I have a seclusion room with a view. Very lucky that way. I write any time of day, except nights. I let my resting mind work up new ideas, so sometimes I have to write down that idea first thing in the morning, before I set up breakfast for the family. I am also so fortunate to have married a woman who is my best critic and support.

What have you learned about promoting your books?

Being an old marketer, I reckoned that I should know how to market my novel. But I was wrong. I knew one should segment the market to find how large the market is and all the who, what, where of that market. But that is not always possible with books like mine since the reader could be anyone, anywhere, at any time. If one’s novel does not fit specifically into one of the major genres, whoops! My novel is literary crime fiction. “Fiction” is way too broad a market. “Crime” is a popular segment of the reading public, but “Literary” means that my novel does not have the formula to fit that genre. It will only be appreciated by those who do not want predictability. Those people are the smallest segment of both readers and movie-goers. I think this phenomenon is just an older-human’s version of the child’s desire to have a story read to them over and over.

What are you most proud of as a writer?

That I have written a novel that should live on for a while because people will discover it long after I am dead. Also, at the time of writing this, I am aware of a literary award situation yet to be announced.

If you could have dinner with any writer, living or dead, who would it be and what would you talk about?
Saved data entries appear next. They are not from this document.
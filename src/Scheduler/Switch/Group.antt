-- ===== src/Scheduler/Switch/Group.antt =====
-- Ending a task's siblings (tasking/scheduler.rs) keeps the scheduler valid, and the descriptor
-- tables as they are.
use mathlib.Core.Option
use leaf_os_alpha.Base.{
  ℕ, zero, suc, ◌+◌, ◌≡◌, refl, sym, ap, subst, ◌∙◌, ◌⊎◌, Bool, true, false, ◌&&◌, not, Option,
  none, some, List, [], ◌∷◌, arith, if◌then◌else◌, ◌==◌, length, slot, Bool-cases, inl, inr,
}
use leaf_os_alpha.Scheduler.Task.{Task, running, terminated, Scheduler}
use leaf_os_alpha.Scheduler.Ops.{holds}
use leaf_os_alpha.Scheduler.Ops.Table.{IsGood, IsValid, IsTable-change}
use leaf_os_alpha.Scheduler.Ops.Tables.{fds_of, tables}
use leaf_os_alpha.Scheduler.Switch.{is_sibling, end_task, end_siblings, end_group}

module _ {Space : Type 0} where
  -- A valid scheduler, with the tables that there were.
  abbrev pub Fits : Scheduler Space → Scheduler Space → Type 0
  Fits s s' = IsValid s' × (tables s'.tasks ≡ tables s.tasks)

  module _ (parent current : ℕ) (code : Option ℕ) where
    -- What becomes of the task in slot `index`.
    abbrev ended : ℕ → Option (Task Space) → Option (Task Space)
    ended index o =
        if not (index == current) && is_sibling parent o then Option.map (end_task code) o else o

    slot-end_siblings :
        (k j : ℕ) (tasks : List (Option (Task Space)))
        → slot (end_siblings parent current code k tasks) j ≡ ended (k + j) (slot tasks j)
    unfolding end_siblings
    slot-end_siblings k j [] = ground arith
    slot-end_siblings k zero (o ∷ tasks) = let e : k + 0 ≡ k = omega arith in rw e refl
    slot-end_siblings k (suc j) (o ∷ tasks) =
        let e : k + suc j ≡ suc k + j = omega arith in rw e (slot-end_siblings (suc k) j tasks)

    length-end_siblings :
        (k : ℕ) (tasks : List (Option (Task Space)))
        → length (end_siblings parent current code k tasks) ≡ length tasks
    unfolding end_siblings
    length-end_siblings k [] = refl
    length-end_siblings k (o ∷ tasks) = ap suc (length-end_siblings (suc k) tasks)

    tables-end_siblings :
        (k : ℕ) (tasks : List (Option (Task Space)))
        → tables (end_siblings parent current code k tasks) ≡ tables tasks
    unfolding end_siblings
    tables-end_siblings k [] = refl
    tables-end_siblings k (o ∷ tasks) =
        ap (λ l. fds_of (ended k o) ∷ l) (tables-end_siblings (suc k) tasks)
        ∙ ap (λ x. x ∷ tables tasks) (same (not (k == current) && is_sibling parent o) o)
      where
        same :
            (b : Bool) (o : Option (Task Space))
            → fds_of (if b then Option.map (end_task code) o else o) ≡ fds_of o
        same true none = refl
        same true (some t) = refl
        same false o = refl

    -- A task afterwards is one from before, or a sibling that has been ended.
    ended-cases :
        (index : ℕ) (o : Option (Task Space)) (u : Task Space)
        → ended index o ≡ some u
        → (o ≡ some u)
          ⊎ ((t : Task Space) × (o ≡ some t) × (t.parent ≡ some parent) × (u ≡ end_task code t))
    ended-cases index none u e = absurd (ground arith)
    ended-cases index (some t) u e =
        elim (Bool-cases (not (index == current) && is_sibling parent (some t))) [
          | inl q ↦ inr (t, refl, holds-some t.parent (ground arith), ended_eq (rw q at e))
          | inr q ↦ inl (rw q at e)
        ]
      where
        holds-some : (o : Option ℕ) → holds o parent ≡ true → o ≡ some parent
        holds-some none h = cc
        holds-some (some p) h = ap some (ground arith)

        ended_eq : some (end_task code t) ≡ some u → u ≡ end_task code t
        ended_eq q = cc

    end_siblings-Fits :
        (s : Scheduler Space)
        → IsValid s
        → s.current ≡ some current
        → Fits s (record s { tasks = end_siblings parent current code 0 s.tasks })
    end_siblings-Fits s v c = (
      record {
        table =
            IsTable-change s.next_id s.next_id s.tasks _ (length-end_siblings 0 s.tasks) change
              v.table;
        focus = record {
          only = λ j u e r. elim (was j u e) [
            | inl at ↦ v.focus.only j u at r
            | inr (t, at, p, q) ↦
                let x : terminated ≡ running = sym (ap (λ (y : Task Space). y.state) q) ∙ r in cc
          ];
          holds_running = λ j e.
              let (t, at, r) = v.focus.holds_running j e in
              let x : some j ≡ some current = sym e ∙ c in
              let y : j ≡ current = cc in (t, stays j y ∙ at, r);
        };
        ids = v.ids;
      },
      tables-end_siblings 0 s.tasks,
    )
      where
        at_j :
            (j : ℕ) → slot (end_siblings parent current code 0 s.tasks) j ≡ ended j (slot s.tasks j)
        at_j j =
            subst
              (λ n. slot (end_siblings parent current code 0 s.tasks) j ≡ ended n (slot s.tasks j))
              (omega arith) (slot-end_siblings 0 j s.tasks)

        was :
            (j : ℕ) (u : Task Space)
            → slot (end_siblings parent current code 0 s.tasks) j ≡ some u
            → (slot s.tasks j ≡ some u)
              ⊎ ((t : Task Space) × (slot s.tasks j ≡ some t)
                  × (t.parent ≡ some parent)
                  × (u ≡ end_task code t))
        was j u e = ended-cases j (slot s.tasks j) u (sym (at_j j) ∙ e)

        stays :
            (j : ℕ)
            → j ≡ current
            → slot (end_siblings parent current code 0 s.tasks) j ≡ slot s.tasks j
        stays j y = let q : (j == current) ≡ true = ground arith in at_j j ∙ (rw q refl)

        good :
            (j : ℕ) (t : Task Space)
            → slot s.tasks j ≡ some t
            → t.parent ≡ some parent
            → IsGood s.next_id (end_task code t)
        good j t at p =
            let g = v.table.good j t at in
            record {
              given = g.given;
              dated = λ h. cc;
              idles = λ h. let x : none ≡ some parent = sym (g.idles h).1 ∙ p in cc;
            }

        change :
            (j : ℕ) (u : Task Space)
            → slot (end_siblings parent current code 0 s.tasks) j ≡ some u
            → IsGood s.next_id u × ((w : Task Space) × (slot s.tasks j ≡ some w) × (u.id ≡ w.id))
        change j u e = elim (was j u e) [
          | inl at ↦ (v.table.good j u at, (u, at, refl))
          | inr (t, at, p, q) ↦ (
            subst (IsGood s.next_id) (sym q) (good j t at p),
            (t, at, ap (λ (y : Task Space). y.id) q),
          )
        ]

  pub end_group-Fits :
      (current : ℕ) (code : Option ℕ) (s : Scheduler Space) (o : Option ℕ)
      → IsValid s
      → s.current ≡ some current
      → Fits s (end_group current code s o)
  unfolding end_group
  end_group-Fits current code s none v c = (v, refl)
  end_group-Fits current code s (some parent) v c = end_siblings-Fits parent current code s v c
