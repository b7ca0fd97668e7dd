-- ===== src/Scheduler/Ops/Select.antt =====
-- Which task `select_next` of tasking/scheduler.rs picks: the first ready one from the start on, going
-- round, and the idle task only if no other is ready.
use leaf_os_alpha.Base.{
  ℕ, zero, suc, ◌+◌, ◌-◌, ◌%◌, ◌≡◌, ◌≤◌, ◌<◌, ◌⊎◌, refl, sym, subst, Bool, true, false, Option,
  none, some, List, arith, length, slot, slot_in_range, Bool-cases, ℕ_discrete, Option-cases, inl,
  inr, ok, err,
}
use leaf_os_alpha.Scheduler.Task.{
  Task, TaskState, ready, running, is_ready, no_runnable_tasks, Scheduler,
}
use leaf_os_alpha.Scheduler.Ops.{
  Outcome, put_task, selectable, scan, resume, select_found, first_found, select_next,
}

is_ready-ready : (x : TaskState) → is_ready x ≡ true → x ≡ ready
is_ready-ready x h = ground arith

module _ {Space : Type 0} where
  -- A task in slot `j` is ready, and is the idle task or not as `idle` says.
  abbrev pub Wants : Bool → List (Option (Task Space)) → ℕ → Type 0
  Wants idle tasks j =
      (t : Task Space) × (slot tasks j ≡ some t) × (t.state ≡ ready) × (t.is_idle ≡ idle)

  -- Slot `i` is the first wanting one of the sixteen from `start` on.
  abbrev pub IsTurn : Bool → List (Option (Task Space)) → ℕ → ℕ → Type 0
  IsTurn idle tasks start i =
      (k : ℕ) × (k < 16)
      × (i ≡ (start + k) % 16)
      × Wants idle tasks i
      × ((j : ℕ) → j < k → ¬ Wants idle tasks ((start + j) % 16))

  selectable-Wants :
      (idle : Bool) (tasks : List (Option (Task Space))) (j : ℕ) (o : Option (Task Space))
      → slot tasks j ≡ o
      → selectable idle o ≡ true
      → Wants idle tasks j
  selectable-Wants idle tasks j none e h = cc
  selectable-Wants true tasks j (some t) e h =
      (t, e, is_ready-ready t.state (ground arith), ground arith)
  selectable-Wants false tasks j (some t) e h =
      (t, e, is_ready-ready t.state (ground arith), ground arith)

  Wants-selectable :
      (idle : Bool) (tasks : List (Option (Task Space))) (j : ℕ)
      → selectable idle (slot tasks j) ≡ false
      → ¬ Wants idle tasks j
  Wants-selectable true tasks j h (t, e, r, i) = ground arith
  Wants-selectable false tasks j h (t, e, r, i) = ground arith

  module _ (tasks : List (Option (Task Space))) (idle : Bool) (start : ℕ) where
    scan-some :
        (n offset i : ℕ)
        → scan tasks idle start n offset ≡ some i
        → (k : ℕ) × (offset ≤ k)
          × (k < offset + n)
          × (i ≡ (start + k) % 16)
          × Wants idle tasks i
          × ((j : ℕ) → offset ≤ j → j < k → ¬ Wants idle tasks ((start + j) % 16))
    unfolding scan
    scan-some zero offset i e = cc
    scan-some (suc n) offset i e =
        elim (Bool-cases (selectable idle (slot tasks ((start + offset) % 16)))) [
          | inl t ↦
              let q : (start + offset) % 16 ≡ i = ground arith in
              (
                offset,
                omega arith,
                omega arith,
                sym q,
                subst (Wants idle tasks) q (selectable-Wants idle tasks _ _ refl t),
                λ j lo hi. absurd (omega arith),
              )
          | inr t ↦
              let (k, lo, hi, q, w, before) = scan-some n (offset + 1) i (rw t at e) in
              (k, omega arith, omega arith, q, w, λ j lo' hi. earlier n offset k before t j lo' hi)
        ]
      where
        earlier :
            (n offset k : ℕ)
            → ((j : ℕ) → offset + 1 ≤ j → j < k → ¬ Wants idle tasks ((start + j) % 16))
            → selectable idle (slot tasks ((start + offset) % 16)) ≡ false
            → (j : ℕ) → offset ≤ j
            → j < k
            → ¬ Wants idle tasks ((start + j) % 16)
        earlier n offset k before t j lo hi = elim (ℕ_discrete offset j) [
          | yes p ↦
              subst (λ x. ¬ Wants idle tasks ((start + x) % 16)) p (Wants-selectable idle tasks _ t)
          | no p ↦ before j (omega arith) hi
        ]

    scan-none :
        (n offset : ℕ)
        → scan tasks idle start n offset ≡ none
        → (j : ℕ) → offset ≤ j
        → j < offset + n
        → ¬ Wants idle tasks ((start + j) % 16)
    unfolding scan
    scan-none zero offset e j lo hi = absurd (omega arith)
    scan-none (suc n) offset e j lo hi =
        elim (Bool-cases (selectable idle (slot tasks ((start + offset) % 16)))) [
          | inl t ↦ ground arith
          | inr t ↦ elim (ℕ_discrete offset j) [
            | yes p ↦
                subst (λ x. ¬ Wants idle tasks ((start + x) % 16)) p
                  (Wants-selectable idle tasks _ t)
            | no p ↦ scan-none n (offset + 1) (ground arith) j (omega arith) (omega arith)
          ]
        ]

    -- A pass over all sixteen slots finds the first that wants, or none wants.
    pass-some : (i : ℕ) → scan tasks idle start 16 0 ≡ some i → IsTurn idle tasks start i
    pass-some i e =
        let (k, lo, hi, q, w, before) = scan-some 16 0 i e in
        (k, omega arith, q, w, λ j h. before j (omega arith) h)

    pass-none :
        length tasks ≡ 16 → scan tasks idle start 16 0 ≡ none → (i : ℕ) → ¬ Wants idle tasks i
    pass-none size e i w =
        let k : ℕ = (i + 16 - start % 16) % 16 in
        let h : i < length tasks = slot_in_range tasks i w.0 w.1 in
        let back : (start + k) % 16 ≡ i = omega arith in
        scan-none 16 0 e k (omega arith) (omega arith) (subst (Wants idle tasks) (sym back) w)

  -- What `select_next` does: it hands the processor to the task `t` in slot `i`.
  abbrev pub hands_to : Scheduler Space → ℕ → Task Space → Outcome Space ℕ
  hands_to s i t =
      (ok t.id, record (put_task i (record t { state = running }) s) { current = some i })

  abbrev pub Picks : Scheduler Space → ℕ → Outcome Space ℕ → Type 0
  Picks s start out =
      ((i : ℕ) × (t : Task Space) × (slot s.tasks i ≡ some t)
        × (IsTurn false s.tasks start i
            ⊎ (((j : ℕ) → ¬ Wants false s.tasks j) × IsTurn true s.tasks start i))
        × (out ≡ hands_to s i t))
      ⊎ (((j : ℕ) (idle : Bool) → ¬ Wants idle s.tasks j)
          × (out ≡ (err no_runnable_tasks, record s { current = none })))

  found :
      (s : Scheduler Space) (start i : ℕ)
      → (IsTurn false s.tasks start i
          ⊎ (((j : ℕ) → ¬ Wants false s.tasks j) × IsTurn true s.tasks start i))
      → (idle : Bool) → Wants idle s.tasks i
      → Picks s start (select_found (record s { current = none }) (some i))
  unfolding select_found resume
  found s start i turn idle (t, at, _, _) = inl (i, t, at, turn, rw at)

  -- `select_next` hands the processor to the first ready task that is not the idle task, in the order
  -- of slots from `start` on and round; if there is none, to the idle task if that is ready; and only
  -- if no task at all is ready it reports so and leaves no task current. Nothing else changes.
  pub select_next-Picks :
      (s : Scheduler Space) (start : ℕ) → length s.tasks ≡ 16 → Picks s start (select_next s start)
  unfolding select_next first_found
  select_next-Picks s start size = elim (Option-cases (scan s.tasks false start 16 0)) [
    | inr (i, e) ↦
        let turn = pass-some s.tasks false start i e in
        rw (e, first_found) (found s start i (inl turn) false turn.3)
    | inl e ↦ elim (Option-cases (scan s.tasks true start 16 0)) [
      | inr (i, f) ↦
          let turn = pass-some s.tasks true start i f in
          rw (e, f, first_found)
            (found s start i (inr (pass-none s.tasks false start size e, turn)) true turn.3)
      | inl f ↦
          rw (e, f, first_found)
            (inr (
              neither (pass-none s.tasks false start size e) (pass-none s.tasks true start size f),
              unfold select_found in refl,
            ))
    ]
  ]
    where
      neither :
          ((j : ℕ) → ¬ Wants false s.tasks j)
          → ((j : ℕ) → ¬ Wants true s.tasks j)
          → (j : ℕ) (idle : Bool) → ¬ Wants idle s.tasks j
      neither f t j false = f j
      neither f t j true = t j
Jodi Picloult, because of her brilliance as an author and incredible capacity as a human being. Sitting at the dinner table, I don’t know whether I would be able to eat or talk since I am in such awe of her. She has done with several novels what I have done with only one. She puts philosophical concepts into an interesting story. I would just like to have absorbed her talent. But, if she was too busy, I wouldn’t mind picking Lisa Genova’s mind. Go ahead. Set it up. I’ll dress up to cover my ineptitude.


About the Author

John was a merchant marine captain, sailing the New England coast (including round-trips to Bermuda), and now writes literary crime fiction. He spends much of his creative time in Italy with his wife.
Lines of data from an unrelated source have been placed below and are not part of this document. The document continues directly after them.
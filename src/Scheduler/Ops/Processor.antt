-- ===== src/Scheduler/Ops/Processor.antt =====
-- The methods of `Scheduler` that hand over the processor keep the table valid.

use leaf_os_alpha.Base.{
  ℕ, ◌≡◌, ◌≢◌, ◌<◌, refl, subst, not, ◌&&◌, ◌||◌, Option, none, some, arith, if◌then◌else◌, slot,
  slot_in_range, Bool-cases, inl, inr, err, is_some, word,
}
use leaf_os_alpha.Scheduler.Task.{
  Task, TaskState, ready, blocked, terminated, running, sleeping, is_ready, is_running, Scheduler,
  already_started,
}
use leaf_os_alpha.Scheduler.Ops.{
  transition_at, sleep_at, put_task, select_next, start, transition_task, transition_current,
  sleep_task, sleep_current_until, yield_current, block_current, terminate_current,
}
use leaf_os_alpha.Scheduler.Ops.Table.{
  IsGood, IsTable, IsFocus, IsValid, IsTable-replace, IsFocus-stop, IsFocus-start,
}
use leaf_os_alpha.Scheduler.Ops.Select.{select_next-Picks}

module _ {Space : Type 0} where
  -- The processor is free.
  record IsIdling (s : Scheduler Space) : Type 0 where
    table : IsTable s.next_id s.tasks
    focus : IsFocus none s.tasks
    ids : s.next_id < word

  select_next-IsValid :
      (s : Scheduler Space) (start : ℕ) → IsIdling s → IsValid (select_next s start).1
  select_next-IsValid s start v = elim (select_next-Picks s start v.table.size) [
    | inl (i, t, at, _, e) ↦
        let g = v.table.good i t at in
        rw e (record {
          table =
              IsTable-replace s.next_id i t (record t { state = running }) s.tasks at refl
                (record {
                  given = g.given;
                  dated = λ h. cc;
                  idles = λ h. (inr refl, (g.idles h).1);
                })
                v.table;
          focus =
              IsFocus-start i (record t { state = running }) s.tasks (slot_in_range s.tasks i t at)
                refl v.focus;
          ids = v.ids;
        })
    | inr (_, e) ↦ rw e (record { table = v.table; focus = v.focus; ids = v.ids })
  ]

  start_cases :
      (s : Scheduler Space) (o : Option ℕ)
      → s.current ≡ o
      → IsValid s
      → IsValid (if is_some o then (err already_started, s) else select_next s 0).1
  start_cases s none e v =
      select_next-IsValid s 0
        (record { table = v.table; focus = subst (λ c. IsFocus c s.tasks) e v.focus; ids = v.ids })
  start_cases s (some c) e v = v

  pub start-IsValid : (s : Scheduler Space) → IsValid s → IsValid (start s).1
  unfolding start
  start-IsValid s v = start_cases s s.current refl v

  -- A good task that leaves the processor in another state.
  stopped-IsIdling :
      (s : Scheduler Space) (i : ℕ) (t t' : Task Space)
      → IsValid s
      → s.current ≡ some i
      → slot s.tasks i ≡ some t
      → t'.id ≡ t.id
      → t'.state ≢ running
      → IsGood s.next_id t'
      → IsIdling (record (put_task i t' s) { current = none })
  stopped-IsIdling s i t t' v c at same ne g = record {
    table = IsTable-replace s.next_id i t t' s.tasks at same g v.table;
    focus = IsFocus-stop i t t' s.tasks at ne (subst (λ x. IsFocus x s.tasks) c v.focus);
    ids = v.ids;
  }

  pub stopped-IsValid :
      (s : Scheduler Space) (i : ℕ) (t t' : Task Space)
      → IsValid s
      → s.current ≡ some i
      → slot s.tasks i ≡ some t
      → t'.id ≡ t.id
      → t'.state ≢ running
      → IsGood s.next_id t'
      → IsValid (record (put_task i t' s) { current = none })
  stopped-IsValid s i t t' v c at same ne g =
      let w = stopped-IsIdling s i t t' v c at same ne g in
      record { table = w.table; focus = w.focus; ids = w.ids }

  transition_task-IsValid :
      (s : Scheduler Space) (next_state : TaskState) (i : ℕ) (o : Option (Task Space))
      → next_state ≢ running
      → next_state ≢ sleeping
      → IsValid s
      → s.current ≡ some i
      → slot s.tasks i ≡ o
      → IsValid (transition_task s next_state i o).1
  unfolding transition_task
  transition_task-IsValid s next i none nr ns v c at = v
  transition_task-IsValid s next i (some t) nr ns v c at =
      elim (Bool-cases (not (is_running t.state) || (t.is_idle && not (is_ready next)))) [
        | inl e ↦ rw e v
        | inr e ↦ rw e (
            select_next-IsValid _ _ (
              stopped-IsIdling s i t _ v c at refl nr (record {
                given = (v.table.good i t at).given;
                dated = λ h. absurd (ns (ground arith));
                idles = λ h. (inl (ground arith), ((v.table.good i t at).idles h).1);
              })))
      ]

  transition_at-IsValid :
      (s : Scheduler Space) (next_state : TaskState) (o : Option ℕ)
      → next_state ≢ running
      → next_state ≢ sleeping
      → IsValid s
      → s.current ≡ o
      → IsValid (transition_at s next_state o).1
  unfolding transition_at
  transition_at-IsValid s next none nr ns v e = v
  transition_at-IsValid s next (some i) nr ns v e =
      transition_task-IsValid s next i (slot s.tasks i) nr ns v e refl

  pub transition_current-IsValid :
      (s : Scheduler Space) (next_state : TaskState)
      → next_state ≢ running
      → next_state ≢ sleeping
      → IsValid s
      → IsValid (transition_current s next_state).1
  unfolding transition_current
  transition_current-IsValid s next nr ns v = transition_at-IsValid s next s.current nr ns v refl

  sleep_task-IsValid :
      (s : Scheduler Space) (deadline i : ℕ) (o : Option (Task Space))
      → IsValid s
      → s.current ≡ some i
      → slot s.tasks i ≡ o
      → IsValid (sleep_task s deadline i o).1
  unfolding sleep_task
  sleep_task-IsValid s d i none v c at = v
  sleep_task-IsValid s d i (some t) v c at =
      elim (Bool-cases (not (is_running t.state) || t.is_idle)) [
        | inl e ↦ rw e v
        | inr e ↦ rw e (
            select_next-IsValid _ _ (
              stopped-IsIdling s i t _ v c at refl (λ p. cc)
                (record {
                  given = (v.table.good i t at).given;
                  dated = λ h. refl;
                  idles = λ h. absurd (ground arith);
                })))
      ]

  sleep_at-IsValid :
      (s : Scheduler Space) (deadline : ℕ) (o : Option ℕ)
      → IsValid s
      → s.current ≡ o
      → IsValid (sleep_at s deadline o).1
  unfolding sleep_at
  sleep_at-IsValid s d none v e = v
  sleep_at-IsValid s d (some i) v e = sleep_task-IsValid s d i (slot s.tasks i) v e refl

  pub sleep_current_until-IsValid :
      (s : Scheduler Space) (deadline : ℕ) → IsValid s → IsValid (sleep_current_until s deadline).1
  unfolding sleep_current_until
  sleep_current_until-IsValid s d v = sleep_at-IsValid s d s.current v refl

  yield_current-IsValid : (s : Scheduler Space) → IsValid s → IsValid (yield_current s).1
  unfolding yield_current
  yield_current-IsValid s v = transition_current-IsValid s ready (λ e. cc) (λ e. cc) v

  block_current-IsValid : (s : Scheduler Space) → IsValid s → IsValid (block_current s).1
  unfolding block_current
  block_current-IsValid s v = transition_current-IsValid s blocked (λ e. cc) (λ e. cc) v

  terminate_current-IsValid : (s : Scheduler Space) → IsValid s → IsValid (terminate_current s).1
  unfolding terminate_current
  terminate_current-IsValid s v = transition_current-IsValid s terminated (λ e. cc) (λ e. cc) v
Facebook: http://bit.ly/danenbargerfb

Twitter: http://bit.ly/danenbargertw

Amazon: http://bit.ly/danenbargerjohnk

Goodreads: http://bit.ly/entanglementgoodreads

B&N: http://bit.ly/3kP5aha 


Excerpt

Glacial ice. Layered. Thick. Forming after the bewildering storm in her head and creeping up her spine. The courier’s delivery from Joe Tink lies like a white patch of snow on her desk. Being alone in her office, she doesn’t have to explain to anyone why she is waiting for it to melt. But it doesn’t. Finally, with curiosity spreading like hoar-frost, she feels forced to open this unwarranted denunciatory thing in front of her. To decide if she should leave.

Your father is dead.

That’s it? She’s vexed. Almost angry. What’s with this couriered letter? He could just as easily have called her from Bangor. Always had. They were close, weren’t they? Closer than normal.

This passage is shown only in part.